Aurora scowled. She ran her fingers over his chest. “And what did the rest of the deal entail?”
Damien picked up her fingers and pressed a kiss to their tips. “There is one thing the countess likes more than sex.” He grinned. “Gold.”
A radiant, joyful smile slid over Aurora’s lips. It lit up her entire face.
Damien pressed his lips against hers, sharing in her joy.
Damien had to do this. It was the last remaining thing standing in the way of their happiness. He stared down at his boots as he stood before the door.
Aurora slipped her hand into his.
He hadn’t wanted her to come. She had insisted. And he couldn’t deny her. He didn’t look up, but squeezed her hand. He pushed the key into the lock of the cell door, and when it clicked he eased the door open.

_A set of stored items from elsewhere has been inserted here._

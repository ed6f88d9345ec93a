-- ===== src/Xv6/Path.antt =====
-- Path names: `skipelem` and `namex` of fs.c, B22CS052/Helpful. A path is its bytes up to the NUL. What
-- the inodes on the disk say is a record of functions; the counts and locks of inodes are left out.
pub mod Laws
use os_project.Base.{
  is_empty, ◌+◌, ℕ, zero, suc, Bool, true, false, not, ◌&&◌, Option, none, some, List, [], ◌∷◌,
  ◌==◌, if◌then◌else◌, take, length,
}

abbrev pub dirsiz : ℕ
dirsiz = 14

unfoldable pub skip_slashes : List ℕ → List ℕ
skip_slashes [] = []
skip_slashes (c ∷ cs) = let rest = skip_slashes cs in if c == b'/' then rest else c ∷ cs

-- The bytes before the first slash, and the rest from it on.
unfoldable pub span : List ℕ → List ℕ × List ℕ
span [] = ([], [])
span (c ∷ cs) = let s = span cs in if c == b'/' then ([], c ∷ cs) else (c ∷ s.0, s.1)

-- The name and the path behind it.
unfoldable pub skipelem : List ℕ → Option (List ℕ × List ℕ)
unfolding skip_slashes span
skipelem path =
    let p = skip_slashes path in
    let s = span p in if is_empty p then none else some (take dirsiz s.0, skip_slashes s.1)

-- `ip->type == T_DIR`, and the inode that `dirlookup` finds for a name.
pub record Inodes : Type 0 where
  pub is_dir : ℕ → Bool
  pub dirlookup : ℕ → List ℕ → Option ℕ

-- The loop of `namex` at inode `ip`, and then its end; a round takes a byte of the path at least.
unfoldable pub walk : Inodes → Bool → ℕ → List ℕ → List ℕ → ℕ → Option (ℕ × List ℕ)
walk fs nameiparent zero path name ip = none
walk fs nameiparent (suc rounds) path name ip = elim (skipelem path) [
  | none ↦ if nameiparent then none else some (ip, name)
  | some s ↦
      if not (fs.is_dir ip)
      then none
      else if nameiparent && is_empty s.1
      then some (ip, s.0)
      else elim (fs.dirlookup ip s.0) [
        | none ↦ none
        | some next ↦ walk fs nameiparent rounds s.1 s.0 next
      ]
]

-- The inode with the last name read; `root` and `cwd` are the two inodes to start at.
unfoldable pub namex : Inodes → ℕ → ℕ → Bool → List ℕ → Option (ℕ × List ℕ)
unfolding walk
namex fs root cwd nameiparent [] = walk fs nameiparent 1 [] [] cwd
namex fs root cwd nameiparent (c ∷ cs) =
    walk fs nameiparent (length (c ∷ cs) + 1) (c ∷ cs) [] (if c == b'/' then root else cwd)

He stood in the doorway, staring into the darkness for a long moment. He wasn’t sure what to expect. The blackness was all consuming. He felt its cold nip at the fingers on his free hand, felt it slither up his back as if it were trying to reclaim him.
He looked at Aurora. Even in the darkness her perfectly braided golden hair was a beacon. But he couldn’t see her face.
Slowly, as Bruno brought the torch from down the hall, the light washed over her in a warm, caressing golden embrace.
Damien clutched her hand, his anchor to the light. He turned to face the cell and stepped inside.
Drip drip drip sounded in the dark cell. The pungent aroma of body odor assailed him. The bitter stench of urine. His immediate instinct was to spirit Aurora far away, but she had already been here. And without his protection.
“Is it you?” The voice cracked.
Aurora had told him everything his father said. He had decided to face him so that Aurora would not be subject to his bitterness. Her compassion was one of her weaknesses. And one of her strengths.
Bruno brought the torch into the cell, hooking it on the sconce on the wall, and then left the small cell.
The light washed over the old man. His boots were worn and dirty. He tried to straighten his legs, but there was a slowness in his movement that came from age. His hands were dirty, black beneath his fingernails. His tunic looked too big for him. His gray hair was greasy and hung in strands about his face. “Damien.” There was no joy in his voice, no gladness.
Damien had expected none. “Father,” he stated. The word was simply a fact. No warm welcome.
A crooked grin stretched his lips. “Manhood has not changed you. Still defiant.”
“Why have you come to Acquitaine?”
“To see my son.”
Damien stared at him for a long moment. It hadn’t been enough to send his boys off on a slaving ship. “Here I am.” His father’s gaze swept him. When his stare shifted to Aurora, shivers of apprehension and distrust trembled across Damien’s shoulders. He could withstand the disdain of his father, but he wanted Aurora to experience none of it.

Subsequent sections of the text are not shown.